INFORMATION GIVEN -
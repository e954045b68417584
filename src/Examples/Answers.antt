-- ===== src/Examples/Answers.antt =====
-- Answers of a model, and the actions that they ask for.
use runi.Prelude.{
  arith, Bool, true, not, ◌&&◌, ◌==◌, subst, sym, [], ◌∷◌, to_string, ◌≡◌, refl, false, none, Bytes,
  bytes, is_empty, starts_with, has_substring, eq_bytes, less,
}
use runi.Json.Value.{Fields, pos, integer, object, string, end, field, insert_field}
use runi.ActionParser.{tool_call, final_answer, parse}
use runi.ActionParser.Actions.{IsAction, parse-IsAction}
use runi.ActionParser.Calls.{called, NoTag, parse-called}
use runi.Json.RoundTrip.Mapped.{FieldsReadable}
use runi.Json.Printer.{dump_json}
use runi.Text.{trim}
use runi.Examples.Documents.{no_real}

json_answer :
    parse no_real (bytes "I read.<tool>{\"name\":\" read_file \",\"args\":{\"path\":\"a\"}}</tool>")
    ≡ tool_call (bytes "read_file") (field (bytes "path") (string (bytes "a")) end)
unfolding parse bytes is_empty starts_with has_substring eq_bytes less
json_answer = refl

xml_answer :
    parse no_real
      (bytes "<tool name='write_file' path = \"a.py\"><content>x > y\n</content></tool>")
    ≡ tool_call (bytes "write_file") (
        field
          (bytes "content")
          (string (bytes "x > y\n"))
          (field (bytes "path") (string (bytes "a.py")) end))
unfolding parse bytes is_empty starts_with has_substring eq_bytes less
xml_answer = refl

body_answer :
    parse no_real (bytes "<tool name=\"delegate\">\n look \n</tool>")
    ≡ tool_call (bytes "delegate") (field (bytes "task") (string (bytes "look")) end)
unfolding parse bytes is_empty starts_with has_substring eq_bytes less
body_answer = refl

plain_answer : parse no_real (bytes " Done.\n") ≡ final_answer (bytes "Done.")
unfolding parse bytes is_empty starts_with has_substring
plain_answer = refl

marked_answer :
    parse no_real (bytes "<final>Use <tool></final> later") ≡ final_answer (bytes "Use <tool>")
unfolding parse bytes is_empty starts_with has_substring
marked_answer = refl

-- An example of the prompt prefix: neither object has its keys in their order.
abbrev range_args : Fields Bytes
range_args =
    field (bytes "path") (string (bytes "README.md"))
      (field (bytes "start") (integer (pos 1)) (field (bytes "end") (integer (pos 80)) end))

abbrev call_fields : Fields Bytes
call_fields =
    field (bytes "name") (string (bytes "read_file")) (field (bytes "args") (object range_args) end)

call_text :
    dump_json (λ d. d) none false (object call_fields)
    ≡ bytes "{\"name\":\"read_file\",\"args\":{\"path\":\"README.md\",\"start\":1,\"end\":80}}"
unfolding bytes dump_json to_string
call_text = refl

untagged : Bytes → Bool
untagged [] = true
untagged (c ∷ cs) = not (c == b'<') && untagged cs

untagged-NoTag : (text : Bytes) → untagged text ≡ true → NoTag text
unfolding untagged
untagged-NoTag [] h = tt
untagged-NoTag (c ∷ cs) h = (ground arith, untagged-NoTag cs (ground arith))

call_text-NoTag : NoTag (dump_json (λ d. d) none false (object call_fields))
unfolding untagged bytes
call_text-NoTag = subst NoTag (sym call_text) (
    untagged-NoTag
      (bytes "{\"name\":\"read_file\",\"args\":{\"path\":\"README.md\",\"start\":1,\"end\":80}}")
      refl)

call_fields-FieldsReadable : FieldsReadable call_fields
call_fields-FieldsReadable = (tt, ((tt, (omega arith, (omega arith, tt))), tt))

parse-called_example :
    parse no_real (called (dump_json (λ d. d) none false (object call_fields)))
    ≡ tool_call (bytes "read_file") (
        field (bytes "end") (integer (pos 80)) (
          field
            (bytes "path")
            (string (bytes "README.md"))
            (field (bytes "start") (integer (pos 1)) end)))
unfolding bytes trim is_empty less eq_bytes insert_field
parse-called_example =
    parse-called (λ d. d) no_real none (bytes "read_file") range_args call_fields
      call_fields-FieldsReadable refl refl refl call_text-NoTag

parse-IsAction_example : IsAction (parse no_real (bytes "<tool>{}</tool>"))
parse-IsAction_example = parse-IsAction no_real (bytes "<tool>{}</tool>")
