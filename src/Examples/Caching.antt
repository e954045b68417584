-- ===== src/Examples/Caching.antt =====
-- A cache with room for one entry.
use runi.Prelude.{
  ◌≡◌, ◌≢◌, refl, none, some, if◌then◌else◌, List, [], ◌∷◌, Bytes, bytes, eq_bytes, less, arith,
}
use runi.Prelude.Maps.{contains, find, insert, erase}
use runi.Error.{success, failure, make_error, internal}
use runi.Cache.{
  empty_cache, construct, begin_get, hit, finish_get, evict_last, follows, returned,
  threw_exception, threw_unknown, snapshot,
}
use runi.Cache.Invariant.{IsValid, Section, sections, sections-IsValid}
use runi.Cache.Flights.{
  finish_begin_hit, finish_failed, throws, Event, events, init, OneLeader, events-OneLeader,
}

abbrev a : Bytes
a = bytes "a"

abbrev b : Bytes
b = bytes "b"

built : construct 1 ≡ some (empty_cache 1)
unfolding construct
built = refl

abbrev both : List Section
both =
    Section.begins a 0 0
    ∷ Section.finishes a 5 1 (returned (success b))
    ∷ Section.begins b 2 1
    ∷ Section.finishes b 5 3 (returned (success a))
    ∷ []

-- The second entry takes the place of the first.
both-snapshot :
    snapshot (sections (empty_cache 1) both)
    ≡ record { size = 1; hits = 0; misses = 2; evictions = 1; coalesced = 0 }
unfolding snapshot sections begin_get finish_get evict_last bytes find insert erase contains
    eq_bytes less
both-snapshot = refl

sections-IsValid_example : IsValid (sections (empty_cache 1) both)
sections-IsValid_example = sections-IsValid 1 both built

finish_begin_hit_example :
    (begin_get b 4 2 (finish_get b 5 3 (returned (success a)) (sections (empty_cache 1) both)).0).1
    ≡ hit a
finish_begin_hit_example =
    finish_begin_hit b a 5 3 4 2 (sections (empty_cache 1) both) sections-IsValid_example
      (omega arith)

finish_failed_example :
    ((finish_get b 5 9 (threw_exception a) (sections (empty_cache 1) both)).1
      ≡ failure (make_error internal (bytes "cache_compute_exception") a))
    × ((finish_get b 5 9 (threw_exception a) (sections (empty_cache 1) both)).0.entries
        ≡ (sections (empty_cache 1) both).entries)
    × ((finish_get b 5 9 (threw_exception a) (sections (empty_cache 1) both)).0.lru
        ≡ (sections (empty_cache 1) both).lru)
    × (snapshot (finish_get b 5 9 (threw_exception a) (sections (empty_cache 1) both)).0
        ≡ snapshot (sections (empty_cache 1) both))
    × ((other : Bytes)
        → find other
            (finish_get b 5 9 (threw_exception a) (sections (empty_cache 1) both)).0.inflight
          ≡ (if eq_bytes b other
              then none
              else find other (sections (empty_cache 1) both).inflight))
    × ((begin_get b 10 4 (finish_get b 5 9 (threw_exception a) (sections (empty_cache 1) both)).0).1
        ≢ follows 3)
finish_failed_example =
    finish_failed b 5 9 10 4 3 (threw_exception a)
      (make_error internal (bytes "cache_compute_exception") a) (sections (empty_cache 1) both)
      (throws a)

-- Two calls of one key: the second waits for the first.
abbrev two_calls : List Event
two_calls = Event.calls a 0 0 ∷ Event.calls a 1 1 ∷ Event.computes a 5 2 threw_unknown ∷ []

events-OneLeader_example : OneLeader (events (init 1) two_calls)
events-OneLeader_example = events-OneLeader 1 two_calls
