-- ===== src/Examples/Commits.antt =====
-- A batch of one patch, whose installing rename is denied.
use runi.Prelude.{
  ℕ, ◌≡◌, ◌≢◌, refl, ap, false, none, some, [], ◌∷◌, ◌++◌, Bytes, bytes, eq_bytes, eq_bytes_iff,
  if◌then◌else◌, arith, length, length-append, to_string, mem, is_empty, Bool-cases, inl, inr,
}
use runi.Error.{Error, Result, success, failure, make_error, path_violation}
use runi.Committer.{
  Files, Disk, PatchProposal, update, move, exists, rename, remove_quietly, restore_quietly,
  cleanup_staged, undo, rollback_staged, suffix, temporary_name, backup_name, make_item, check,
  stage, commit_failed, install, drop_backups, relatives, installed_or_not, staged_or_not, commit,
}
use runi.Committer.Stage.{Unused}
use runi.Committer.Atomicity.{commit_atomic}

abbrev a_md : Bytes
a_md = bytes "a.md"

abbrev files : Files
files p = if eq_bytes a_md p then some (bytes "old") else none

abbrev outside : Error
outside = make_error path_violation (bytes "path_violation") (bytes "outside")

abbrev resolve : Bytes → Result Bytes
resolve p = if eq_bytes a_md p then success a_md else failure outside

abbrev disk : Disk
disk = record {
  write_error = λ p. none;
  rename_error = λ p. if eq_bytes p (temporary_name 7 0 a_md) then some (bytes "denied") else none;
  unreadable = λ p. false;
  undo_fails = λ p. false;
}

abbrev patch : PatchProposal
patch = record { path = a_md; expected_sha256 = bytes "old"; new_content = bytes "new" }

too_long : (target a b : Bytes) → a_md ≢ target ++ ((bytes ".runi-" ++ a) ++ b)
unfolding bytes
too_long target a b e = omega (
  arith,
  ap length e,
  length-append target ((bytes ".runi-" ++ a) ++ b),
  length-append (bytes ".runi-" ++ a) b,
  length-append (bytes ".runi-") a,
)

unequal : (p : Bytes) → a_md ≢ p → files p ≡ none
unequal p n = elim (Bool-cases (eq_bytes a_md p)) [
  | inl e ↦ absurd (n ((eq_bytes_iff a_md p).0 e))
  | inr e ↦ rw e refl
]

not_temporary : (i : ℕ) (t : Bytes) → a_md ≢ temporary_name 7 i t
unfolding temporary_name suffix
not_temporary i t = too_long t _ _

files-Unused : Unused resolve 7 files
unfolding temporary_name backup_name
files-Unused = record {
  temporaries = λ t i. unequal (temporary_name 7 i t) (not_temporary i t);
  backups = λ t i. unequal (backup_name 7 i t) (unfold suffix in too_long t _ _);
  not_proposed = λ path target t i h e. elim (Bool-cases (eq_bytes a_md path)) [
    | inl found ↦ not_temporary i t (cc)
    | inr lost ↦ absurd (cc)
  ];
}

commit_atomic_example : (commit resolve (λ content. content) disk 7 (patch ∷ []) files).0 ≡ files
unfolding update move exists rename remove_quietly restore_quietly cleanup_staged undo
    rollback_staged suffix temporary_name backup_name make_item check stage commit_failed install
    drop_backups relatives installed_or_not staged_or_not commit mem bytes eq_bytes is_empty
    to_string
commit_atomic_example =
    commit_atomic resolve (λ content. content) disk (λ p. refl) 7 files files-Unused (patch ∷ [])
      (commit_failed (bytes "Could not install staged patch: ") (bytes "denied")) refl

EXERCISE -
If a line in the data above contains the string "Committer", count it; then state only the total.

REPLY TO THE EXERCISE -
3